> [Records supplied]:
=== Section Start ===

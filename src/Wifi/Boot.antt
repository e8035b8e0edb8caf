-- ===== src/Wifi/Boot.antt =====
-- What is stored from the console is in force at the next boot.
use rs_smarthome_nodes.Base.{◌≤◌, ◌<◌, ◌≡◌, true, false, some, [], ◌∷◌, length, arith}
use rs_smarthome_nodes.Base.Bytes.{Bytes}
use rs_smarthome_nodes.Base.Text.{is_utf8}
use rs_smarthome_nodes.Config.Credentials.{store_credentials}
use rs_smarthome_nodes.Config.Credentials.RoundTrip.{load-store_credentials}
use rs_smarthome_nodes.Flash.{Storage}
use rs_smarthome_nodes.Wifi.{Credentials, credentials_new, is_placeholder, resolve, init, stored}

pub credentials_new_lem :
    (ssid psk : Bytes)
    → 0 < length ssid
    → length ssid ≤ 32
    → length psk ≤ 64
    → credentials_new ssid psk ≡ some record { ssid = ssid; psk = psk }
unfolding credentials_new
credentials_new_lem [] psk h0 h k = absurd (omega arith)
credentials_new_lem (x ∷ ssid) psk h0 h k = ground arith

module _ (flash : Storage) where
  open flash use {Chip}

  -- A network's name of 1 to 32 bytes other than the placeholder and a passphrase of up to 64, both UTF-8,
  -- are, once stored without an error, in force at the next boot, whatever the image was built with.
  pub init-store_credentials :
      (ssid psk : Bytes) (chip : Chip) (built : Credentials)
      → 0 < length ssid
      → length ssid ≤ 32
      → length psk ≤ 64
      → is_utf8 ssid ≡ true
      → is_utf8 psk ≡ true
      → is_placeholder record { ssid = ssid; psk = psk } ≡ false
      → (store_credentials flash ssid psk chip).1 ≡ true
      → init flash (store_credentials flash ssid psk chip).0 built
        ≡ (record { ssid = ssid; psk = psk }, stored)
  unfolding init resolve
  init-store_credentials ssid psk chip built h0 h k u v real done = simp (
    load-store_credentials flash ssid psk chip h0 h k u v done,
    credentials_new_lem ssid psk h0 h k,
    real,
  )
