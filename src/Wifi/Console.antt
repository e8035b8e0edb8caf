-- ===== src/Wifi/Console.antt =====
-- The console's session: `parse` and `Session` (src/wifi.rs). `read_line` and `provision` are I/O.
use rs_smarthome_nodes.Base.{
  ◌≤◌, ◌<◌, ◌≡◌, refl, ◌||◌, Option, none, some, List, [], ◌∷◌, reverse, length, ◌==◌,
  if◌then◌else◌, arith,
}
use rs_smarthome_nodes.Base.Bytes.{Bytes}
use rs_smarthome_nodes.Base.Text.{codes, bytes_eq, trim, trim_end, split_once}
use rs_smarthome_nodes.Config.Credentials.{ssid_max, psk_max}
use rs_smarthome_nodes.Wifi.{Credentials, credentials_new, is_empty, try_from}

pub data Command : Type 0 where
  ssid_line : Bytes → Command
  psk_line : Bytes → Command
  save_line : Command
  clear_line : Command
  show_line : Command
  done_line : Command
  empty_line : Command
  unknown_line : Bytes → Command

unfoldable pub drop_newlines : Bytes → Bytes
drop_newlines [] = []
drop_newlines (c ∷ cs) = let rest = drop_newlines cs in if c == 10 || c == 13 then rest else c ∷ cs

unfoldable pub command_of : Bytes → Bytes → Command
command_of keyword rest =
    if bytes_eq keyword (codes "ssid")
    then ssid_line (trim rest)
    else if bytes_eq keyword (codes "psk")
        || bytes_eq keyword (codes "pass")
        || bytes_eq keyword (codes "password")
    then psk_line (trim_end rest)
    else if bytes_eq keyword (codes "save")
    then save_line
    else if bytes_eq keyword (codes "clear")
    then clear_line
    else if bytes_eq keyword (codes "show")
    then show_line
    else if bytes_eq keyword (codes "done")
        || bytes_eq keyword (codes "exit")
        || bytes_eq keyword (codes "quit")
    then done_line
    else unknown_line keyword

abbrev pub keyword_and_rest : Bytes → Option (Bytes × Bytes) → Bytes × Bytes
keyword_and_rest trimmed (some parts) = parts
keyword_and_rest trimmed none = (trimmed, [])

unfoldable pub parse : Bytes → Command
parse line =
    let trimmed = trim (reverse (drop_newlines (reverse (drop_newlines line)))) in
    let (keyword, rest) = keyword_and_rest trimmed (split_once 32 trimmed) in
    if is_empty trimmed then empty_line else command_of keyword rest

pub data Outcome : Type 0 where
  save : Credentials → Outcome
  clear : Outcome
  go_on : Outcome

pub record Session : Type 0 where
  pub ssid : Bytes
  pub psk : Bytes

abbrev pub new_session : Session
new_session = record { ssid = []; psk = [] }

-- `Ok(None)`, `Ok(Some(outcome))` and the errors.
pub data Reply : Type 0 where
  more : Reply
  ends : Outcome → Reply
  refused : Reply

abbrev pub entered_ssid : Session → Option Bytes → Session × Reply
entered_ssid s (some value) = (record s { ssid = value }, more)
entered_ssid s none = (s, refused)

abbrev pub entered_psk : Session → Option Bytes → Session × Reply
entered_psk s (some value) = (record s { psk = value }, more)
entered_psk s none = (s, refused)

abbrev pub saved : Session → Option Credentials → Session × Reply
saved s (some c) = (s, ends (save c))
saved s none = (s, refused)

unfoldable pub apply_command : Session → Command → Session × Reply
apply_command s (ssid_line value) = entered_ssid s (try_from ssid_max value)
apply_command s (psk_line value) = entered_psk s (try_from psk_max value)
apply_command s save_line = saved s (credentials_new s.ssid s.psk)
apply_command s clear_line = (s, ends clear)
apply_command s done_line = (s, ends go_on)
apply_command s show_line = (s, more)
apply_command s empty_line = (s, more)
apply_command s (unknown_line word) = (s, refused)

-- The commands of a session, up to the one that ends it.
unfoldable pub session : Session → List Command → Option Outcome
session s [] = none
session s (c ∷ cs) =
    let after = apply_command s c in
    let rest = session (after.0) cs in elim (after.1) [ ends outcome ↦ some outcome | _ ↦ rest ]

abbrev pub Fitting : Session → Type 0
Fitting s = (length s.ssid ≤ ssid_max) × (length s.psk ≤ psk_max)

abbrev pub Storable : Credentials → Type 0
Storable c = (0 < length c.ssid) × ((length c.ssid ≤ ssid_max) × (length c.psk ≤ psk_max))

saved_keeps : (s : Session) (o : Option Credentials) → (saved s o).0 ≡ s
saved_keeps s none = refl
saved_keeps s (some c) = refl

apply_command-Fitting : (s : Session) (c : Command) → Fitting s → Fitting (apply_command s c).0
unfolding apply_command
apply_command-Fitting s (ssid_line value) h = ground arith
apply_command-Fitting s (psk_line value) h = ground arith
apply_command-Fitting s save_line h = rw (saved_keeps s (credentials_new s.ssid s.psk)) h
apply_command-Fitting s clear_line h = h
apply_command-Fitting s done_line h = h
apply_command-Fitting s show_line h = h
apply_command-Fitting s empty_line h = h
apply_command-Fitting s (unknown_line word) h = h

credentials_new-Storable :
    (ssid psk : Bytes) {c : Credentials} → credentials_new ssid psk ≡ some c → Storable c
unfolding credentials_new
credentials_new-Storable [] psk e = ground arith
credentials_new-Storable (x ∷ ssid) psk e = ground arith

saved_lem :
    (s : Session) (o : Option Credentials) {c : Credentials}
    → (saved s o).1 ≡ ends (save c)
    → o ≡ some c
saved_lem s none e = ground arith
saved_lem s (some d) e = ground arith

reply-Storable :
    (s : Session) (command : Command) {c : Credentials}
    → (apply_command s command).1 ≡ ends (save c)
    → Storable c
unfolding apply_command
reply-Storable s (ssid_line value) e = ground arith
reply-Storable s (psk_line value) e = ground arith
reply-Storable s save_line e =
    credentials_new-Storable s.ssid s.psk (saved_lem s (credentials_new s.ssid s.psk) e)
reply-Storable s clear_line e = ground arith
reply-Storable s done_line e = ground arith
reply-Storable s show_line e = ground arith
reply-Storable s empty_line e = ground arith
reply-Storable s (unknown_line word) e = ground arith

-- Whatever is typed, credentials that a session ends by saving have a network's name, and both fit
-- their fields in flash.
pub session-Storable :
    (s : Session) (commands : List Command) {c : Credentials}
    → session s commands ≡ some (save c)
    → Storable c
unfolding session
session-Storable s [] {c = c} e = ground arith
session-Storable s (command ∷ rest) {c = c} e = ground (
  arith,
  reply-Storable s command {c = c},
  session-Storable (apply_command s command).0 rest {c = c},
)
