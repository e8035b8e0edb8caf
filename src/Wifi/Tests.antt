-- ===== src/Wifi/Tests.antt =====
-- The theorems at concrete credentials.
use rs_smarthome_nodes.Base.{refl, [], ◌∷◌}
use rs_smarthome_nodes.Base.Text.{codes}
use rs_smarthome_nodes.Wifi.Console.{
  ssid_line, psk_line, save_line, session, new_session, session-Storable, apply_command, Storable,
}
use rs_smarthome_nodes.Wifi.{Credentials, credentials_new}

abbrev garden : Credentials
garden = record { ssid = codes "garten"; psk = codes "geheim" }

session-Storable_example : Storable garden
unfolding session apply_command credentials_new
session-Storable_example =
    session-Storable new_session
      (ssid_line (codes "garten") ∷ psk_line (codes "geheim") ∷ save_line ∷ []) {c = garden} refl
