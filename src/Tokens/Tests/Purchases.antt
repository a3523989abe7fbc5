-- ===== src/Tokens/Tests/Purchases.antt =====
-- A purchase that is paid, paid again after an update that failed, and not paid again when completed.
use fos_mono.Common.{String_discrete, [], ◌∷◌, some, true, false, ◌≡◌, refl}
use fos_mono.Common.Int.{pos, negsuc, ◌+ℤ◌}
use fos_mono.Tokens.{credited, credit_tokens, process_token_purchase}
use fos_mono.Tokens.Tables.{
  Transaction, debit, bought, completed, Db, ok, throw, update_failed, find_balance,
  replace_balance, find_transaction, create_transaction, find_purchase, complete_purchase,
}
use fos_mono.Tokens.Tests.{ann, opening, order, tables}

abbrev bought_row : Transaction
bought_row = record opening {
  transaction_id = "b";
  token_purchase_id = some 7;
  kind = bought;
  amount = pos 5;
  description = "bought";
  balance_before = pos 10;
  balance_after = pos 15;
  stripe_payment_intent_id = some "pi";
}

abbrev delivered : Db
delivered = record {
  balances =
      record ann { available_tokens = pos 15; total_purchased = pos 15; purchased_tokens = pos 15 }
      ∷ [];
  transactions = opening ∷ bought_row ∷ [];
  purchases = record order { status = completed } ∷ [];
}

abbrev draw_entry : Transaction
draw_entry = record opening {
  transaction_id = "d";
  kind = debit;
  amount = negsuc 3;
  description = "tool";
  balance_before = pos 15;
  balance_after = pos 11;
}

-- Some of the tokens are spent.
abbrev drawn : Db
drawn = record delivered {
  balances =
      record ann {
        available_tokens = pos 11;
        total_purchased = pos 15;
        total_used = pos 4;
        purchased_tokens = pos 15;
      }
      ∷ [];
  transactions = opening ∷ bought_row ∷ draw_entry ∷ [];
}

-- The last update fails, and the purchase is processed again.
abbrev interrupted : Db
interrupted = record delivered { purchases = order ∷ [] }

abbrev second_row : Transaction
second_row = record bought_row {
  transaction_id = "c";
  balance_before = pos 15;
  balance_after = pos 20;
}

abbrev paid_twice : Db
paid_twice = record delivered {
  balances =
      record ann { available_tokens = pos 20; total_purchased = pos 20; purchased_tokens = pos 20 }
      ∷ [];
  transactions = opening ∷ bought_row ∷ second_row ∷ [];
}

interrupted_tests :
    (process_token_purchase "b" "bought" "pi" false tables ≡ (throw update_failed, interrupted))
    × (process_token_purchase "c" "bought" "pi" true interrupted ≡ (ok tt, paid_twice))
unfolding process_token_purchase credit_tokens credited find_purchase complete_purchase find_balance
    replace_balance find_transaction create_transaction ◌+ℤ◌ String_discrete
interrupted_tests = (refl, refl)
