-- ===== src/Work.antt =====
-- Leases on work: shared/sync/work-claims.ts, and of shared/sync/events.ts the events of kind `work`
-- (lines 223-233 and 296-339) and the release on submission (lines 544-547). What these events ask the
-- graph for, the capabilities along a path and the branches selected there, is an argument.
pub mod Overlap
pub mod Exclusive
pub mod Tests
use fos_mono.Common.{
  ℕ, zero, suc, ◌+◌, ◌*◌, String, Bool, true, false, ◌&&◌, ◌||◌, not, List, [], ◌∷◌, ◌++◌, Option,
  none, some, map, length, find, select, every, lookup, ltb, leb, ◌==◌, if◌then◌else◌,
}
use fos_mono.Common.Text.{text_length}

-- `Scope`
abbrev pub Scope : Type 0
Scope = List String

-- `Record<string, string>`: a choice's id and the name of the branch.
abbrev pub Selections : Type 0
Selections = List (String × String)

pub record WorkClaim : Type 0 where
  pub id : String
  pub peer_id : String
  pub session : String
  pub attachment : Scope
  pub path : Scope
  pub branches : Selections
  pub expires_at : ℕ

-- `WORK_LEASE_MS`
abbrev pub work_lease : ℕ
work_lease = 900000

unfoldable pub within : Scope → Scope → Bool
within path [] = true
within [] (id ∷ root) = false
within (p ∷ path) (id ∷ root) = p == id && within path root

unfoldable pub valid_id : String → Bool
valid_id id =
    ltb 0 (text_length id) && leb (text_length id) 128 && not (id == ".") && not (id == "..")

unfoldable pub valid_path : Scope → Bool
unfolding valid_id
valid_path path = leb (length path) 64 && every valid_id path

-- The test of `workClaims`, for a claim whose fields have their types.
unfoldable pub is_live : ℕ → WorkClaim → Bool
unfolding valid_path within
is_live now c =
    valid_path c.attachment
    && valid_path c.path
    && within c.path c.attachment
    && every (λ s. ltb 0 (text_length s.1)) c.branches
    && ltb now c.expires_at

unfoldable pub work_claims : ℕ → List WorkClaim → List WorkClaim
unfolding is_live
work_claims now stored = select (is_live now) stored

-- Some choice has another branch on the other side.
unfoldable pub differs : Selections → Selections → Bool
differs [] other = false
differs ((id, name) ∷ branches) other =
    (elim (lookup id other) [ none ↦ false | some o ↦ not (o == name) ]) || differs branches other

unfoldable pub work_overlaps : WorkClaim → Scope → Selections → Bool
unfolding within differs
work_overlaps c path branches =
    (within path c.path || within c.path path) && not (differs c.branches branches)

-- Who asks: the principal with its session and its scope.
pub record Actor : Type 0 where
  pub peer_id : String
  pub session : String
  pub attachment : Scope

-- What the graph says: the capabilities `execute` and `edit` at the attachment, those along the path of
-- a renewal, whether the path of a new claim leads to an outstanding task that the actor may claim at the
-- revision and with the branches that the event names, and the branches selected along a path.
pub record Rights : Type 0 where
  pub can_work : Bool
  pub can_renew : Scope → Bool
  pub is_outstanding : Scope → Bool
  pub branches_at : Scope → Selections

pub data WorkEvent : Type 0 where
  status : WorkEvent
  release : String → WorkEvent
  renew : String → WorkEvent
  claim : String → Scope → WorkEvent
  -- A submission under the claim that changed something.
  submit : String → WorkEvent

pub data WorkError : Type 0 where
  unavailable : WorkError
  not_allowed : WorkError
  revoked : WorkError
  has_claim : WorkError
  no_task : WorkError
  not_outstanding : WorkError
  overlapping : WorkError
  too_many : WorkError

pub data Answer : Type 0 where
  standing : Option WorkClaim → Answer
  released : String → Answer
  claimed : WorkClaim → Answer
  failed : WorkError → Answer

unfoldable pub same_scope : Scope → Scope → Bool
same_scope [] [] = true
same_scope (a ∷ as_path) (b ∷ path) = a == b && same_scope as_path path
same_scope _ _ = false

unfoldable pub is_own : Actor → WorkClaim → Bool
unfolding same_scope
is_own actor c =
    c.peer_id == actor.peer_id
    && c.session == actor.session
    && same_scope c.attachment actor.attachment

-- The claim that the actor works on, if it has the given id.
unfoldable pub active_with : Actor → String → List WorkClaim → Option WorkClaim
unfolding is_own
active_with actor id claims = elim (find (is_own actor) claims) [
  | none ↦ none
  | some c ↦ if c.id == id then some c else none
]

unfoldable pub drop_claim : String → List WorkClaim → List WorkClaim
drop_claim id claims = select (λ c. not (c.id == id)) claims

abbrev pub renewed : ℕ → WorkClaim → WorkClaim
renewed now c = record c { expires_at = now + work_lease }

unfoldable pub replace_claim : WorkClaim → List WorkClaim → List WorkClaim
replace_claim new claims = map (λ c. if c.id == new.id then new else c) claims

-- `drop`: what `slice(n)` leaves.
abbrev pub after : ℕ → Scope → Scope
after zero path = path
after (suc n) [] = []
after (suc n) (p ∷ path) = after n path

abbrev pub any_overlaps : Scope → Selections → List WorkClaim → Bool
any_overlaps path branches [] = false
any_overlaps path branches (c ∷ claims) =
    work_overlaps c path branches || any_overlaps path branches claims

-- A release, also the one that follows a submission.
unfoldable pub release_claim : Actor → String → List WorkClaim → Answer × Option (List WorkClaim)
unfolding active_with drop_claim
release_claim actor id claims = elim (active_with actor id claims) [
  | none ↦ (failed unavailable, none)
  | some c ↦ (released c.id, some (drop_claim c.id claims))
]

unfoldable pub renew_claim :
    Actor → Rights → ℕ → String → List WorkClaim → Answer × Option (List WorkClaim)
unfolding active_with replace_claim
renew_claim actor rights now id claims = elim (active_with actor id claims) [
  | none ↦ (failed unavailable, none)
  | some c ↦
      if rights.can_renew (after (length actor.attachment) c.path)
      then (claimed (renewed now c), some (replace_claim (renewed now c) claims))
      else (failed revoked, none)
]

-- The new claim; its id is a new one.
unfoldable pub new_claim : Actor → Rights → ℕ → String → Scope → WorkClaim
new_claim actor rights now id path = record {
  id = id;
  peer_id = actor.peer_id;
  session = actor.session;
  attachment = actor.attachment;
  path = actor.attachment ++ path;
  branches = rights.branches_at (actor.attachment ++ path);
  expires_at = now + work_lease;
}

unfoldable pub make_claim :
    Actor → Rights → ℕ → String → Scope → List WorkClaim → Answer × Option (List WorkClaim)
unfolding is_own new_claim work_overlaps
make_claim actor rights now id [] claims = elim (find (is_own actor) claims) [
  | some c ↦ (failed has_claim, none)
  | none ↦ (failed no_task, none)
]
make_claim actor rights now id (p ∷ path) claims = elim (find (is_own actor) claims) [
  | some c ↦ (failed has_claim, none)
  | none ↦
      let new = new_claim actor rights now id (p ∷ path) in
      if not (rights.is_outstanding (p ∷ path))
      then (failed not_outstanding, none)
      else if any_overlaps new.path new.branches claims
      then (failed overlapping, none)
      else if leb 256 (length claims)
      then (failed too_many, none)
      else (claimed new, some (claims ++ (new ∷ [])))
]

-- The answer, and the claims to save if there are any.
unfoldable pub work_event :
    Actor → Rights → ℕ → WorkEvent → List WorkClaim → Answer × Option (List WorkClaim)
unfolding is_own release_claim renew_claim make_claim
work_event actor rights now status claims = (standing (find (is_own actor) claims), none)
work_event actor rights now (release id) claims = release_claim actor id claims
work_event actor rights now (submit id) claims = release_claim actor id claims
work_event actor rights now (renew id) claims =
    if rights.can_work then renew_claim actor rights now id claims else (failed not_allowed, none)
work_event actor rights now (claim id path) claims =
    if rights.can_work
    then make_claim actor rights now id path claims
    else (failed not_allowed, none)

-- The claims that the store holds afterwards.
unfoldable pub dispatch_work :
    Actor → Rights → ℕ → WorkEvent → List WorkClaim → Answer × List WorkClaim
unfolding work_claims work_event
dispatch_work actor rights now event stored =
    let r = work_event actor rights now event (work_claims now stored) in
    elim r.1 [ none ↦ (r.0, stored) | some next ↦ (r.0, next) ]
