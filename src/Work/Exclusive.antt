-- ===== src/Work/Exclusive.antt =====
-- The claims of a store do not overlap, whatever events come in whatever order.
pub mod History
use fos_mono.Common.{
  ℕ, zero, suc, ◌+◌, ◌≤◌, String, Bool, true, false, ◌&&◌, ◌||◌, not, List, [], ◌∷◌, ◌++◌, Option,
  none, some, ◌≡◌, refl, sym, arith, map, length, length-append, find, select, ◌==◌, All, All-mono,
  ==_refl, ==_iff, leb, subst, ◌∙◌, ap, Bool-cases, Option-cases, inl, inr, if◌then◌else◌,
}
use fos_mono.Work.{
  Scope, Selections, WorkClaim, work_overlaps, is_live, work_claims, Actor, Rights, WorkEvent,
  status, release, renew, claim, submit, Answer, is_own, active_with, drop_claim, renewed,
  replace_claim, any_overlaps, release_claim, renew_claim, make_claim, new_claim, work_event,
  dispatch_work,
}

-- The second claim has another id, and the first one does not overlap it.
abbrev pub IsApart : WorkClaim → WorkClaim → Type 0
IsApart c d = (work_overlaps c d.path d.branches ≡ false) × ((d.id == c.id) ≡ false)

-- Each claim is apart from those behind it.
abbrev pub IsExclusive : List WorkClaim → Type 0
IsExclusive [] = Unit
IsExclusive (c ∷ claims) = All (IsApart c) claims × IsExclusive claims

-- No claim has the id.
abbrev pub IsNew : String → List WorkClaim → Type 0
IsNew id claims = All (λ c. (id == c.id) ≡ false) claims

select-All :
    (P : WorkClaim → Type 0) (p : WorkClaim → Bool) (claims : List WorkClaim)
    → All P claims
    → All P (select p claims)
select-All P p [] h = tt
select-All P p (c ∷ claims) h = elim (Bool-cases (p c)) [
  | inl keep ↦ rw keep (h.0, select-All P p claims h.1)
  | inr drop ↦ rw drop (select-All P p claims h.1)
]

select-IsExclusive :
    (p : WorkClaim → Bool) (claims : List WorkClaim)
    → IsExclusive claims
    → IsExclusive (select p claims)
select-IsExclusive p [] h = tt
select-IsExclusive p (c ∷ claims) h = elim (Bool-cases (p c)) [
  | inl keep ↦ rw keep (select-All (IsApart c) p claims h.0, select-IsExclusive p claims h.1)
  | inr drop ↦ rw drop (select-IsExclusive p claims h.1)
]

length-select :
    (p : WorkClaim → Bool) (claims : List WorkClaim) → length (select p claims) ≤ length claims
length-select p [] = omega arith
length-select p (c ∷ claims) = ground (arith, length-select p claims)

All-snoc :
    (P : WorkClaim → Type 0) (claims : List WorkClaim) (n : WorkClaim)
    → All P claims
    → P n
    → All P (claims ++ (n ∷ []))
All-snoc P [] n h k = (k, tt)
All-snoc P (c ∷ claims) n h k = (h.0, All-snoc P claims n h.1 k)

snoc-IsExclusive :
    (claims : List WorkClaim) (n : WorkClaim)
    → IsExclusive claims
    → IsNew n.id claims
    → any_overlaps n.path n.branches claims ≡ false
    → IsExclusive (claims ++ (n ∷ []))
snoc-IsExclusive [] n h new free = (tt, tt)
snoc-IsExclusive (c ∷ claims) n h new free = (
  All-snoc (IsApart c) claims n h.0 (ground arith, new.0),
  snoc-IsExclusive claims n h.1 new.1 (ground arith),
)

All-find :
    (P : WorkClaim → Type 0) (p : WorkClaim → Bool) (claims : List WorkClaim) {c : WorkClaim}
    → All P claims
    → find p claims ≡ some c
    → P c
All-find P p [] h e = cc
All-find P p (d ∷ claims) {c} h e = elim (Bool-cases (p d)) [
  | inl here ↦ subst P (ground arith) h.0
  | inr there ↦ All-find P p claims h.1 (rw there at e)
]

-- Only the claim itself has its id.
abbrev IsAlone : WorkClaim → WorkClaim → Type 0
IsAlone c d = (d.id == c.id) ≡ true → d ≡ c

find-IsAlone :
    (p : WorkClaim → Bool) (claims : List WorkClaim) {c : WorkClaim}
    → IsExclusive claims
    → find p claims ≡ some c
    → All (IsAlone c) claims
find-IsAlone p [] h e = tt
find-IsAlone p (d ∷ claims) {c} h e = elim (Bool-cases (p d)) [
  | inl here ↦
      let same : d ≡ c = ground arith in
      (
        λ _. same,
        All-mono (IsApart d) (IsAlone c) (λ x apart k. absurd (ground (arith, ap (λ w. w.id) same)))
            claims h.0,
      )
  | inr there ↦
      let rest = rw there at e in
      (
        λ k. absurd (ground (arith, (All-find (IsApart d) p claims h.0 rest).1)),
        find-IsAlone p claims h.1 rest,
      )
]

-- What a renewal makes of a claim.
abbrev put : ℕ → WorkClaim → WorkClaim → WorkClaim
put now c d = if d.id == c.id then renewed now c else d

-- It leaves what tells claims apart.
put-same :
    (now : ℕ) (c d : WorkClaim)
    → IsAlone c d
    → ((put now c d).path ≡ d.path)
      × ((put now c d).branches ≡ d.branches)
      × ((put now c d).id ≡ d.id)
put-same now c d alone = elim (Bool-cases (d.id == c.id)) [
  | inl own ↦
      let same = alone own in
      rw own
        (sym (ap (λ w. w.path) same), sym (ap (λ w. w.branches) same), sym (ap (λ w. w.id) same))
  | inr other ↦ rw other (refl, refl, refl)
]

work_overlaps-same :
    (c d : WorkClaim) (path : Scope) (branches : Selections)
    → c.path ≡ d.path
    → c.branches ≡ d.branches
    → work_overlaps c path branches ≡ work_overlaps d path branches
unfolding work_overlaps
work_overlaps-same c d path branches same_path same_branches = rw (same_path, same_branches) refl

put-IsApart :
    (now : ℕ) (c d x : WorkClaim)
    → IsAlone c d
    → IsAlone c x
    → IsApart d x
    → IsApart (put now c d) (put now c x)
put-IsApart now c d x alone_d alone_x h =
    let e = put-same now c d alone_d in
    let f = put-same now c x alone_x in
    (
      work_overlaps-same (put now c d) d (put now c x).path (put now c x).branches e.0 e.1
          ∙ (ap (λ q. work_overlaps d q (put now c x).branches) f.0
              ∙ (ap (λ b. work_overlaps d x.path b) f.1 ∙ h.0)),
      ap (λ i. i == (put now c d).id) f.2 ∙ (ap (λ i. x.id == i) e.2 ∙ h.1),
    )

replaced-IsApart :
    (now : ℕ) (c d : WorkClaim) (claims : List WorkClaim)
    → All (IsAlone c) claims
    → IsAlone c d
    → All (IsApart d) claims
    → All (IsApart (put now c d)) (replace_claim (renewed now c) claims)
unfolding replace_claim
replaced-IsApart now c d [] alone same h = tt
replaced-IsApart now c d (x ∷ claims) alone same h =
    (put-IsApart now c d x same alone.0 h.0, replaced-IsApart now c d claims alone.1 same h.1)

replace_claim-IsExclusive :
    (now : ℕ) (c : WorkClaim) (claims : List WorkClaim)
    → All (IsAlone c) claims
    → IsExclusive claims
    → IsExclusive (replace_claim (renewed now c) claims)
unfolding replace_claim
replace_claim-IsExclusive now c [] alone h = tt
replace_claim-IsExclusive now c (d ∷ claims) alone h = (
  replaced-IsApart now c d claims alone.1 alone.0 h.0,
  replace_claim-IsExclusive now c claims alone.1 h.1,
)

length-replace_claim :
    (n : WorkClaim) (claims : List WorkClaim) → length (replace_claim n claims) ≡ length claims
unfolding replace_claim
length-replace_claim n [] = refl
length-replace_claim n (c ∷ claims) = omega (arith, length-replace_claim n claims)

=== Section End ===

> [Exercise]:
Write out every line of the preceding listing that contains "load".

> [Answer section]:
use rs_smarthome_nodes.Config.Credentials.RoundTrip.{load-store_credentials}
    load-store_credentials flash ssid psk chip h0 h k u v done,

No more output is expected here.